#### [What is being asked]
Pull every line containing the word "leads" out of the material below.

#### [Record extracts]
-- ===== src/Format/PemDecrypt.antt =====
-- src/format/pem.rs: `pem_decrypt`, behind the feature `experimental`.
use rust_osshkeys.Prelude.{
  ◌*◌, ◌≡◌, ◌==◌, ◌&&◌, refl, arith, Bytes, ascii, bytes_eq, length, Bool, false, not,
  if◌then◌else◌, Option, none, some, ok, err, panic,
}
use rust_osshkeys.Error.{
  OsshResult, fail, from_slice_length, unsupport_type, unsupport_cipher, incorrect_pass,
  invalid_pem_format,
}
use rust_osshkeys.External.Digests.{Digests}
use rust_osshkeys.External.Regexes.{Regexes}
use rust_osshkeys.External.Pems.{PemBlock}
use rust_osshkeys.Cipher.Table.{
  Cipher, tdes_cbc, aes128_cbc, aes192_cbc, aes256_cbc, aes128_ctr, aes192_ctr, aes256_ctr, null,
  key_len, iv_len,
}
use rust_osshkeys.Cipher.Backend.{Backend}
use rust_osshkeys.Cipher.Crypt
use rust_osshkeys.Keys.Ed25519.{try_into}
use rust_osshkeys.Format.Kdf.{openssl_kdf}

-- The match on the algorithm of `DEK-Info`.
unfoldable pub dek_cipher : Bytes → OsshResult Cipher
unfolding bytes_eq
dek_cipher algo =
    if bytes_eq algo (ascii "DES-CBC")
    then fail unsupport_cipher
    else if bytes_eq algo (ascii "DES-EDE3-CBC")
    then ok tdes_cbc
    else if bytes_eq algo (ascii "AES-128-CBC")
    then ok aes128_cbc
    else if bytes_eq algo (ascii "AES-192-CBC")
    then ok aes192_cbc
    else if bytes_eq algo (ascii "AES-256-CBC")
    then ok aes256_cbc
    else fail unsupport_cipher

-- `?` on a result inside of a run that may use up its fuel.
abbrev pub then_run :
    {A B : Type 0} → OsshResult A → (A → Option (OsshResult B)) → Option (OsshResult B)
then_run (ok a) f = f a
then_run (err e) f = some (err e)
then_run panic f = some panic

abbrev pub run_then :
    {A B : Type 0} → Option (OsshResult A) → (A → OsshResult B) → Option (OsshResult B)
run_then none f = none
run_then (some (ok a)) f = some (f a)
run_then (some (err e)) f = some (err e)
run_then (some panic) f = some panic

module _ (dg : Digests) (md5 : dg.Digest) (re : Regexes) (backend : Backend) where
  -- The key and the decryption.
  unfoldable pub decrypt_with : Bytes → Bytes → Bytes → Bytes → Option (OsshResult Bytes)
  unfolding dek_cipher key_len openssl_kdf Crypt.decrypt try_into
  decrypt_with contents passphrase algo iv = then_run (dek_cipher algo) (λ ciph.
      then_run (try_into 8 iv) (λ salt.
        run_then (openssl_kdf dg passphrase salt (key_len ciph) 1 md5)
          (λ key. Crypt.decrypt backend ciph contents key iv)))

  -- What the header `DEK-Info` leads to, with its two groups.
  unfoldable pub decrypt_dek :
      PemBlock → Option Bytes → Option (Bytes × Bytes) → Option (OsshResult Bytes)
  unfolding decrypt_with
  decrypt_dek pemblock passphrase none = some (fail invalid_pem_format)
  decrypt_dek pemblock none (some p) = some (fail incorrect_pass)
  decrypt_dek pemblock (some passphrase) (some p) =
      decrypt_with pemblock.contents passphrase p.0 p.1

  abbrev pub captured : (Bytes → Option (Bytes × Bytes)) → Option Bytes → Option (Bytes × Bytes)
  captured re none = none
  captured re (some header) = re header

  -- `encrypted`, by the groups of `Proc-Type`.
  abbrev pub is_encrypted : Option (Bytes × Bytes) → Bool
  is_encrypted none = false
  is_encrypted (some p) = bytes_eq p.0 (ascii "4") && bytes_eq p.1 (ascii "ENCRYPTED")

  -- What the header `Proc-Type` leads to.
  unfoldable pub decrypt_proc : PemBlock → Option Bytes → Option Bytes → Option (OsshResult Bytes)
  unfolding decrypt_dek bytes_eq
  decrypt_proc pemblock passphrase none = some (ok pemblock.contents)
  decrypt_proc pemblock passphrase (some header) =
      if not (is_encrypted (re.proc_type header))
      then some (fail unsupport_type)
      else decrypt_dek pemblock passphrase
          (captured re.dek_info (pemblock.header (ascii "DEK-Info")))

  unfoldable pub pem_decrypt : PemBlock → Option Bytes → Option (OsshResult Bytes)
  unfolding decrypt_proc
  pem_decrypt pemblock passphrase =
      decrypt_proc pemblock passphrase (pemblock.header (ascii "Proc-Type"))

  vector_size : (c : Cipher) (iv : Bytes) → length iv ≡ 2 * iv_len c → (length iv == 8) ≡ false
  unfolding iv_len
  vector_size aes128_cbc iv h = ground arith
  vector_size aes192_cbc iv h = ground arith
  vector_size aes256_cbc iv h = ground arith
  vector_size aes128_ctr iv h = ground arith
  vector_size aes192_ctr iv h = ground arith
  vector_size aes256_ctr iv h = ground arith
  vector_size tdes_cbc iv h = ground arith
  vector_size null iv h = ground arith

  -- The hexadecimal digits of the initialisation vector are never decoded: the 8 bytes of the salt are
  -- asked of the digits themselves. So no text that is encrypted as OpenSSL does it is decrypted: with
  -- two digits for each byte of the vector, `pem_decrypt` fails with InvalidLength, for each cipher
  -- that it accepts, whatever the passphrase and the contents.
  pub pem_decrypt_fails :
      (pemblock : PemBlock) (passphrase proc dek algo iv : Bytes) (c : Cipher)
      → pemblock.header (ascii "Proc-Type") ≡ some proc
      → re.proc_type proc ≡ some (ascii "4", ascii "ENCRYPTED")
      → pemblock.header (ascii "DEK-Info") ≡ some dek
      → re.dek_info dek ≡ some (algo, iv)
      → dek_cipher algo ≡ ok c
      → length iv ≡ 2 * iv_len c
      → pem_decrypt pemblock (some passphrase) ≡ some (err from_slice_length)
  unfolding pem_decrypt bytes_eq
  pem_decrypt_fails pemblock passphrase proc dek algo iv c hp encrypted hd found is size =
      let odd = vector_size c iv size in rw (hp, encrypted, hd, found, is, odd) refl
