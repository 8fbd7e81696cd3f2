-- ===== src/Format/Privkey.antt =====
-- src/format/ossh_privkey.rs: private keys in the OpenSSH format.
pub mod Key
pub mod Encode
pub mod Decode
pub mod Parts
pub mod KeyRoundTrip
pub mod Padding
pub mod Secret
pub mod Sealed
pub mod Body
pub mod FileParts
pub mod File
pub mod NoCipher
pub mod Cloning
pub mod Armor
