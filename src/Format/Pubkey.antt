-- ===== src/Format/Pubkey.antt =====
-- src/format/ossh_pubkey.rs: public keys in the OpenSSH format.
pub mod Encode
pub mod Decode
pub mod Integers
pub mod Curves
pub mod Words
pub mod Line
pub mod LineRoundTrip
pub mod SameRules
pub mod SameBlob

#### [Written response]
  -- What the header `DEK-Info` leads to, with its two groups.
  -- What the header `Proc-Type` leads to.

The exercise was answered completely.